Asked about the position of Garda Commissioner Nóirín O’Sullivan, Martin said she had his support and confidence, adding that it is time to move on from the O’Higgins report to focus on gangland crime.

Although the political steam seems to be going out of the O'Higgins report fallout, O'Sullivan will be questioned about it at a meeting of the Policing Authority today as Pat Leahy reports in our lead story.

The political pressure on the issue of gangland crime, however, continues. "Who's in charge?" the lead story in the Irish Independent asks, with Kevin Doyle and Paul Williams writing that "the ability of the State to deal with the threat posed to society by vicious criminals is in question after Taoiseach Enda Kenny has indicated it could take years to combat the gangland crisis".
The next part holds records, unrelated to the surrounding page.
-- ===== src/Vioblk.antt =====
-- src/kern/vioblk.c: the driver of the virtio block device. The device is a parameter: what it answers to a
-- request. The wait for the interrupt is over when the answer is there; the set-up is in Vioblk/Setup.
pub mod Reads
pub mod Writes
pub mod Setup
pub mod Attach
use illinux.Prelude.{
  ℕ, zero, suc, ◌+◌, ◌-◌, ◌*◌, ◌/◌, ◌%◌, ◌^◌, Bool, true, false, not, ◌||◌, Option, none, some, ltb,
  leb, ◌==◌, if◌then◌else◌,
}
use illinux.Cmd.{Cmd, Run, done, panic, blocked, timeout, pure, get, modify, ◌>>=◌, ◌>>◌}
use illinux.Errno.{Errno, ebusy, eio, enotsup, Result, ok, err}
use illinux.Io.{ioctl_getlen, ioctl_getpos, ioctl_setpos, ioctl_getblksz}
use illinux.Mem.{Mem, memcpy}

abbrev pub t_in : ℕ
t_in = 0

abbrev pub t_out : ℕ
t_out = 1

-- What the device sees of a request: the header, the length of the data descriptor, and whether that is
-- marked as written by the device.
pub record Request : Type 0 where
  pub type : ℕ
  pub sector : ℕ
  pub len : ℕ
  pub writable : Bool

pub record Answer (D : Type 0) : Type 0 where
  pub status : ℕ
  pub disk : D
  pub buffer : Mem

-- `struct vioblk_device`, with the lock and the disk behind the device.
pub record Vioblk (D : Type 0) : Type 0 where
  pub opened : Bool
  pub readonly : Bool
  pub blksz : ℕ
  pub pos : ℕ
  pub size : ℕ
  pub bufblkno : ℕ
  pub blkbuf : Mem
  pub data_writable : Bool
  pub avail_idx : ℕ
  pub vio_lock : Bool
  pub disk : D

-- a - b on unsigned long.
abbrev pub unsigned_sub : ℕ → ℕ → ℕ
unsigned_sub a b = (a + 2 ^ 64 - b) % 2 ^ 64

module _ {D : Type 0} (serve : Request → D → Mem → Answer D) where
  abbrev pub assert : Bool → Cmd (Vioblk D) (Unit {0})
  assert b s = if b then done tt s else panic

  abbrev pub vio_lock_acquire : Cmd (Vioblk D) (Unit {0})
  vio_lock_acquire s = if s.vio_lock then blocked else done tt (record s { vio_lock = true })

  abbrev pub vio_lock_release : Cmd (Vioblk D) (Unit {0})
  vio_lock_release s = done tt (record s { vio_lock = false })

  unfoldable pub vioblk_open : Cmd (Vioblk D) (Result ℕ)
  vioblk_open dev =
      if dev.opened
      then done (err ebusy) dev
      else done (ok 0) (record dev { opened = true; pos = 0 })

  unfoldable pub vioblk_close : Cmd (Vioblk D) (Unit {0})
  vioblk_close dev = if dev.opened then done tt (record dev { opened = false }) else panic

  -- The flag of the data descriptor is set for a read and stays.
  unfoldable pub operation_single_blk : ℕ → ℕ → Cmd (Vioblk D) (Result ℕ)
  operation_single_blk sector type dev =
      let writable = dev.data_writable || (type == t_in) in
      let request : Request = record {
        type = type;
        sector = sector % 2 ^ 32;
        len = dev.blksz;
        writable = writable;
      } in
      let answer : Answer D = serve request dev.disk dev.blkbuf in
      done (if answer.status == 0 then ok dev.blksz else err eio) (record dev {
        data_writable = writable;
        avail_idx = (dev.avail_idx + 1) % 2 ^ 16;
        disk = answer.disk;
        blkbuf = answer.buffer;
      })

  -- A round of the loop of `vioblk_read` after its transfer.
  unfoldable pub read_copy : Mem → ℕ → Cmd (Vioblk D) Mem
  read_copy buf at dev =
      done (memcpy buf at dev.blkbuf 0 dev.blksz)
        (record dev { bufblkno = dev.bufblkno + 1; pos = (dev.pos + dev.blksz) % 2 ^ 64 })

  -- The loops, on fuel. The buffer, the offset that is reached in it, and the bytes that are left; the
  -- result is the number of bytes, or the code of the error.
  unfoldable pub read_blocks : ℕ → Mem → ℕ → ℕ → Cmd (Vioblk D) (Mem × Result ℕ)
  read_blocks zero buf at bufsz = λ s. timeout
  read_blocks (suc fuel) buf at zero = pure (buf, ok at)
  read_blocks (suc fuel) buf at (suc left) = do
    s ← get
    result ← operation_single_blk s.bufblkno t_in
    elim result [
      | err e ↦ pure (buf, err eio)
      | ok n ↦ do buf ← read_copy buf at; read_blocks fuel buf (at + n) (unsigned_sub (suc left) n)
    ]

  abbrev pub read_locked : ℕ → Mem → ℕ → Cmd (Vioblk D) (Mem × Result ℕ)
  read_locked fuel buf bufsz = do
    vio_lock_acquire
    r ← read_blocks fuel buf 0 bufsz
    vio_lock_release
    pure r

  unfoldable pub vioblk_read : ℕ → Mem → ℕ → Cmd (Vioblk D) (Mem × Result ℕ)
  vioblk_read fuel buf bufsz = do
    modify λ s. record s { bufblkno = s.pos / s.blksz }
    s ← get
    assert s.opened
    if bufsz == 0
        then pure (buf, ok 0)
        else if not (bufsz % s.blksz == 0)
        then pure (buf, err enotsup)
        else read_locked fuel buf bufsz

  -- The data of a round of the loop of `vioblk_write`.
  unfoldable pub write_copy : Mem → ℕ → Cmd (Vioblk D) (Unit {0})
  write_copy buf at dev = done tt (record dev { blkbuf = memcpy dev.blkbuf 0 buf at dev.blksz })

  unfoldable pub write_blocks : ℕ → Mem → ℕ → ℕ → ℕ → Cmd (Vioblk D) (Result ℕ)
  write_blocks zero buf at sector n = λ s. timeout
  write_blocks (suc fuel) buf at sector zero = pure (ok at)
  write_blocks (suc fuel) buf at sector (suc left) = do
    write_copy buf at
    result ← operation_single_blk sector t_out
    elim result [
      | err e ↦ pure (err eio)
      | ok r ↦ do
        modify λ s. record s { pos = (s.pos + r) % 2 ^ 64 }
        write_blocks fuel buf (at + r) (sector + 1) (unsigned_sub (suc left) r)
    ]

  unfoldable pub vioblk_write : ℕ → Mem → ℕ → Cmd (Vioblk D) (Result ℕ)
  vioblk_write fuel buf n = do
    modify λ s. record s { bufblkno = s.pos / s.blksz }
    s ← get
    assert s.opened
    if s.readonly
        then pure (err eio)
        else if n == 0
        then pure (ok 0)
        else (do vio_lock_acquire; r ← write_blocks fuel buf 0 0 n; vio_lock_release; pure r)

  -- An int of 32 bits as a result: a number of 64 bits loses its upper half.
  abbrev pub to_int : ℕ → ℕ
  to_int n = n % 2 ^ 32

  unfoldable pub vioblk_getlen : Cmd (Vioblk D) (ℕ × ℕ)
  vioblk_getlen dev = done (dev.size, to_int dev.size) dev

  unfoldable pub vioblk_getpos : Cmd (Vioblk D) (ℕ × ℕ)
  vioblk_getpos dev = done (dev.pos, to_int dev.pos) dev

  unfoldable pub vioblk_getblksz : Cmd (Vioblk D) (ℕ × ℕ)
  vioblk_getblksz dev = done (dev.blksz, to_int dev.blksz) dev

  unfoldable pub vioblk_setpos : ℕ → Cmd (Vioblk D) ℕ
  vioblk_setpos new_pos = do
    vio_lock_acquire
    modify λ s. record s { pos = new_pos }
    vio_lock_release
    s ← get
    pure (to_int s.pos)

  -- The number that the command stores behind the pointer, if it does, and its result.
  abbrev pub stored_result : ℕ × ℕ → Option ℕ × Result ℕ
  stored_result r = (some r.0, ok r.1)

  -- `arg` is the number behind the pointer, which is not NULL.
  unfoldable pub vioblk_ioctl : ℕ → ℕ → Cmd (Vioblk D) (Option ℕ × Result ℕ)
  vioblk_ioctl cmd arg =
      if cmd == ioctl_getlen
      then (vioblk_getlen >>= λ r. pure (stored_result r))
      else if cmd == ioctl_getpos
      then (vioblk_getpos >>= λ r. pure (stored_result r))
      else if cmd == ioctl_setpos
      then (vioblk_setpos arg >>= λ r. pure (none, ok r))
      else if cmd == ioctl_getblksz
      then (vioblk_getblksz >>= λ r. pure (stored_result r))
      else pure (none, err enotsup)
In The Irish Times, Conor Lally reports that the man who presented himself to gardaí after the murder of Gareth Hutch this week did so because he feared his life was in danger.

Lally also asks former members of the force what can be done to stop the spiral of killing.Kitty Holland reports from Dublin's north inner city, which our leader describes as "the geographical equivalent of a second-class citizen".

While there are calls for extra resources to tackle those behind the Kinahan-Hutch feud, even those on the Opposition benches with knowledge of the north inner city yesterday privately acknowledged that the gardaí say they have enough money to do their jobs.

Resources, perhaps in overtime for gardaí to saturate the north inner city, could be increased, but the problems go deeper.

There is something of a political consensus emerging that more needs to be done than just throwing cash at the situation, and that the solution needs to tackle the deep-rooted, longer-term societal problems in the area.

One TD said measures like the equivalent Young Ballymun initiative - a ten-year intervention strategy to improve education, health and mental health for children in Ballymun - is needed.

Perhaps helping the north inner city will become the first major test of this new era of co-operative politics.